# Accurate Miniatures 1/48 SBD-5



## Modlerbob (Feb 10, 2011)

Hello all, Here's a model have been working on occasionally for about two years. I finally decided it was time to make that final push and "git er dun". Most of us experienced modelers like to think we can build a model without much reference to the instructions but that is not the case on AM models. A couple of times I thought I knew better and ended up going back and following the kit instructions to the letter. One case being the landing gear doors and legs. I also originally assembled the 1000lb. bomb with the fins 45 degrees out of alignment. They are correct when they are aligned straight up and down and horizontally. Another note.
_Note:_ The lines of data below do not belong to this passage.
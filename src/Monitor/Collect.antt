-- ===== src/Monitor/Collect.antt =====
-- usb_monitor.c: what `follow_line` does with one bit inside of a packet.
use ciexpert_usbdev.Base.{
  ℕ, ◌+◌, ◌-◌, ◌*◌, ◌/◌, ◌%◌, ◌^◌, ◌≤◌, ◌<◌, ◌≡◌, refl, ◌∙◌, ap, bit_and, bit_or, Bool, true, false,
  none, if◌then◌else◌, ◌==◌, u32, arith, ◌<<<◌, ◌>>>◌, ◌⊎◌, inl, inr,
}
use ciexpert_usbdev.Base.Bits.{bit_and_step, bit_or_fields, bit_or_fields_swap, bit_and-one}
use ciexpert_usbdev.Transmit.Stuff.{next_run}
use ciexpert_usbdev.Transmit.Step.{Ones, bit_and-mask6, six-Ones, Ones-zero, Ones-next}
use ciexpert_usbdev.Monitor.{
  Monitor, ms_get_pid, ms_get_bytes, Event, complete_byte, collect_bit, follow_line,
}

-- The next code of the line: the same one for a one, the other one of J and K for a zero.
abbrev pub level : ℕ → Bool → ℕ
level l b = if b then l else 3 - l

-- The monitor has collected the next level of the line.
abbrev pub moved : Monitor → Bool → Monitor
moved m b = record m { line = u32 (bit_or (m.line <<< 2) (level (m.line % 4) b)) }

-- The register of raw bits after one more.
abbrev pub raw_after : Monitor → Bool → ℕ
raw_after m b = u32 (bit_or (m.rawbits <<< 1) (if b then 1 else 0))

abbrev pub dropped : Monitor → Monitor
dropped m = record (moved m false) { rawbits = raw_after m false }

abbrev pub collected : Monitor → Bool → Monitor
collected m b = record (moved m b) {
  rawbits = raw_after m b;
  bits = m.bits / 2 + (if b then 128 else 0);
  needbits = m.needbits - 1;
}

-- The monitor is inside of a packet and has seen `n` ones last.
pub record Listens (m : Monitor) (n : ℕ) : Type 0 where
  pub busy : (m.state ≡ ms_get_pid) ⊎ (m.state ≡ ms_get_bytes)
  pub low : 1 ≤ m.line % 4
  pub high : m.line % 4 ≤ 2
  pub few : n ≤ 6
  pub ones : Ones n m.rawbits
  pub small : m.bits < 256

-- The line after one more code.
pub line_after : (l c : ℕ) → c < 4 → u32 (bit_or (l <<< 2) c) ≡ (l * 4 + c) % 2 ^ 32
line_after l c h = ap u32 (bit_or_fields 2 l c h)

level-le : (l : ℕ) (b : Bool) → 1 ≤ l → l ≤ 2 → (1 ≤ level l b) × (level l b ≤ 2)
level-le l true low high = (low, high)
level-le l false low high = (omega arith, omega arith)

pub mask2 : (x : ℕ) → bit_and x 3 ≡ x % 4
mask2 x = omega (arith, bit_and_step x 3, bit_and-one (x / 2))

pub mask_upper : (x : ℕ) → bit_and x 0xc ≡ x / 4 % 4 * 4
mask_upper x = omega (arith, bit_and_step x 12, bit_and_step (x / 2) 6, mask2 (x / 2 / 2))

pub six_raw : (x : ℕ) → bit_and x 0x7e ≡ x / 2 % 64 * 2
six_raw x = omega (arith, bit_and_step x 0x7e, bit_and-mask6 (x / 2))

-- The line then ends in the new level.
pub moved_low :
    (m : Monitor) (b : Bool)
    → 1 ≤ m.line % 4
    → m.line % 4 ≤ 2
    → (moved m b).line % 4 ≡ level (m.line % 4) b
moved_low m b low high =
    let (more, less) = level-le (m.line % 4) b low high in
    omega (arith, line_after m.line (level (m.line % 4) b) (omega (arith, less)), less)

-- What the code reads off the line: the next bit, and that the packet is not over.
module _ {m : Monitor} {n : ℕ} (h : Listens m n) (b : Bool) where
  line_next : (moved m b).line ≡ (m.line * 4 + level (m.line % 4) b) % 2 ^ 32
  line_next =
      line_after m.line (level (m.line % 4) b)
        (omega (arith, (level-le (m.line % 4) b h.low h.high).1))

  line_low : (moved m b).line % 4 ≡ level (m.line % 4) b
  line_low = moved_low m b h.low h.high

  line_high : (moved m b).line / 4 % 4 ≡ m.line % 4
  line_high = omega (arith, line_next, (level-le (m.line % 4) b h.low h.high).1)

  goes_on : (bit_and (moved m b).line 0x3f == 0x02) ≡ false
  goes_on = ground (arith, bit_and-mask6 (moved m b).line, line_low, line_high, h.low)

  reads_bit : (bit_and (moved m b).line 0xc >>> 2 == bit_and (moved m b).line 0x3) ≡ b
  reads_bit =
      let before : bit_and (moved m b).line 0xc >>> 2 ≡ m.line % 4 =
        omega (arith, mask_upper (moved m b).line, line_high) in
      let now : bit_and (moved m b).line 0x3 ≡ level (m.line % 4) b =
        mask2 (moved m b).line ∙ line_low in
      rw (before, now) (reads b)
    where
      reads : (b : Bool) → (m.line % 4 == level (m.line % 4) b) ≡ b
      reads true = ground arith
      reads false = ground (arith, h.low, h.high)

-- The code tests the six bits in front of the new one.
pub six_before :
    (m : Monitor) (n : ℕ) (b : Bool)
    → n ≤ 6
    → Ones n m.rawbits
    → (bit_and (raw_after m b) 0x7e == 0x7e) ≡ (n == 6)
six_before m n b few ones = before b ∙ six-Ones n m.rawbits few ones
  where
    before : (b : Bool) → (bit_and (raw_after m b) 0x7e == 0x7e) ≡ (bit_and m.rawbits 0x3f == 0x3f)
    before true = ground (
      arith,
      bit_or_fields 1 m.rawbits 1 (omega arith),
      six_raw (raw_after m true),
      bit_and-mask6 m.rawbits,
    )
    before false = ground (
      arith,
      bit_or_fields 1 m.rawbits 0 (omega arith),
      six_raw (raw_after m false),
      bit_and-mask6 m.rawbits,
    )

-- Inside of a packet every level that is J or K is a bit.
collects :
    {m : Monitor} {n : ℕ}
    → Listens m n
    → (b : Bool) (tick lastpid : ℕ)
    → follow_line (moved m b) tick lastpid ≡ collect_bit (moved m b) lastpid
unfolding follow_line
collects {m} h b tick lastpid = elim h.busy [
  | inl e ↦ rw (e, goes_on h b) refl
  | inr e ↦ rw (e, goes_on h b) refl
]

still-Listens :
    {m d : Monitor} {n : ℕ}
    → Listens m n
    → (b : Bool) (k : ℕ) → d.line ≡ (moved m b).line
    → (d.state ≡ ms_get_pid) ⊎ (d.state ≡ ms_get_bytes)
    → k ≤ 6
    → Ones k d.rawbits
    → d.bits < 256
    → Listens d k
still-Listens {m} h b k line busy few ones small =
    let (low, high) = level-le (m.line % 4) b h.low h.high in
    record {
      busy = busy;
      low = rw (line, line_low h b) low;
      high = rw (line, line_low h b) high;
      few = few;
      ones = ones;
      small = small;
    }

-- What happens to the bit that was read.
abbrev pub kept_bit : Monitor → Bool → Monitor
kept_bit m b = record m {
  rawbits = raw_after m b;
  bits = bit_or (m.bits >>> 1) ((if b then 1 else 0) <<< 7);
  needbits = u32 (m.needbits + 0xffffffff);
}

abbrev pub take_bit : Monitor → ℕ → Bool → Monitor × Event × ℕ
take_bit m lastpid b =
    if bit_and (raw_after m b) 0x7e == 0x7e
    then (record m { rawbits = raw_after m b }, none, lastpid)
    else if u32 (m.needbits + 0xffffffff) == 0
    then complete_byte (kept_bit m b) lastpid
    else (kept_bit m b, none, lastpid)

pub collect_take :
    (m : Monitor) (b : Bool) (lastpid : ℕ)
    → (bit_and m.line 0xc >>> 2 == bit_and m.line 0x3) ≡ b
    → collect_bit m lastpid ≡ take_bit m lastpid b
unfolding collect_bit
collect_take m b lastpid e = ap (take_bit m lastpid) e

raw_zero : (m : Monitor) → Ones 0 (raw_after m false)
raw_zero m =
    ap (λ (x : ℕ). u32 x % 2) (bit_or_fields 1 m.rawbits 0 (omega arith))
    ∙ ap (λ (x : ℕ). u32 x % 2) (omega arith)
    ∙ Ones-zero m.rawbits

-- After six ones a zero is dropped.
pub drop_step :
    {m : Monitor} {n : ℕ} (tick lastpid : ℕ)
    → Listens m n
    → (n == 6) ≡ true
    → (follow_line (moved m false) tick lastpid ≡ (dropped m, none, lastpid))
      × Listens (dropped m) 0
drop_step {m} {n} tick lastpid h e = (
  collects h false tick lastpid
      ∙ collect_take (moved m false) false lastpid (reads_bit h false)
      ∙ rw (six_before m n false h.few h.ones, e) refl,
  still-Listens h false 0 refl h.busy (omega arith) (raw_zero m) h.small,
)

pub new_bits :
    (x : ℕ) (b : Bool)
    → x < 256
    → bit_or (x >>> 1) ((if b then 1 else 0) <<< 7) ≡ x / 2 + (if b then 128 else 0)
new_bits x true h = bit_or_fields_swap 7 1 (x / 2) (omega arith) ∙ omega arith
new_bits x false h = bit_or_fields_swap 7 0 (x / 2) (omega arith) ∙ omega arith

-- Any other bit is collected, and one of eight completes a byte.
pub bit_step :
    {m : Monitor} {n : ℕ} (tick lastpid : ℕ)
    → Listens m n
    → (n == 6) ≡ false
    → (b : Bool) → 0 < m.needbits
    → m.needbits ≤ 8
    → (follow_line (moved m b) tick lastpid ≡ (
        if m.needbits == 1
        then complete_byte (collected m b) lastpid
        else (collected m b, none, lastpid)))
      × Listens (collected m b) (next_run n b)
bit_step {m} {n} tick lastpid h e b some le =
    let small : m.bits / 2 + (if b then 128 else 0) < 256 = below b in
    let lt : n < 6 = ground (arith, h.few) in
    let next : Ones (next_run n b) (raw_after m b) = Ones-next n m.rawbits b lt h.ones in
    let bits = new_bits m.bits b h.small in
    let need : u32 (m.needbits + 0xffffffff) ≡ m.needbits - 1 = omega arith in
    let last : (m.needbits - 1 == 0) ≡ (m.needbits == 1) = ground arith in
    (
      collects h b tick lastpid
          ∙ collect_take (moved m b) b lastpid (reads_bit h b)
          ∙ rw (six_before m n b h.few h.ones, e, bits, need, last) refl,
      still-Listens h b (next_run n b) refl h.busy (few b lt) next small,
    )
  where
    below : (b : Bool) → m.bits / 2 + (if b then 128 else 0) < 256
    below true = omega (arith, h.small)
    below false = omega (arith, h.small)

    few : (b : Bool) → n < 6 → next_run n b ≤ 6
    few true lt = omega arith
    few false lt = omega arith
If you have this model and intend to use the kit decals get some clear decal film and cover them ALL, You can use a clean brush and follow the outlines. When the film drys it is invisible. Well here it is.


----------



## John P (Sep 1, 1999)

Looks perfect!


----------



## Phillip1 (Jul 24, 2009)

Very nice job.


----------



## Ace Airspeed (May 16, 2010)

Excellent build.

Bravo! :thumbsup:


----------



## Cro-Magnon Man (Jun 11, 2001)

Brilliant, it looks flawless.


----------



## Sgthawker (Apr 20, 2012)

Looks ready for a mission!


----------



## Jafo (Apr 22, 2005)

looks great


----------



## Modlerbob (Feb 10, 2011)

Thanks everyone for the kind words.


----------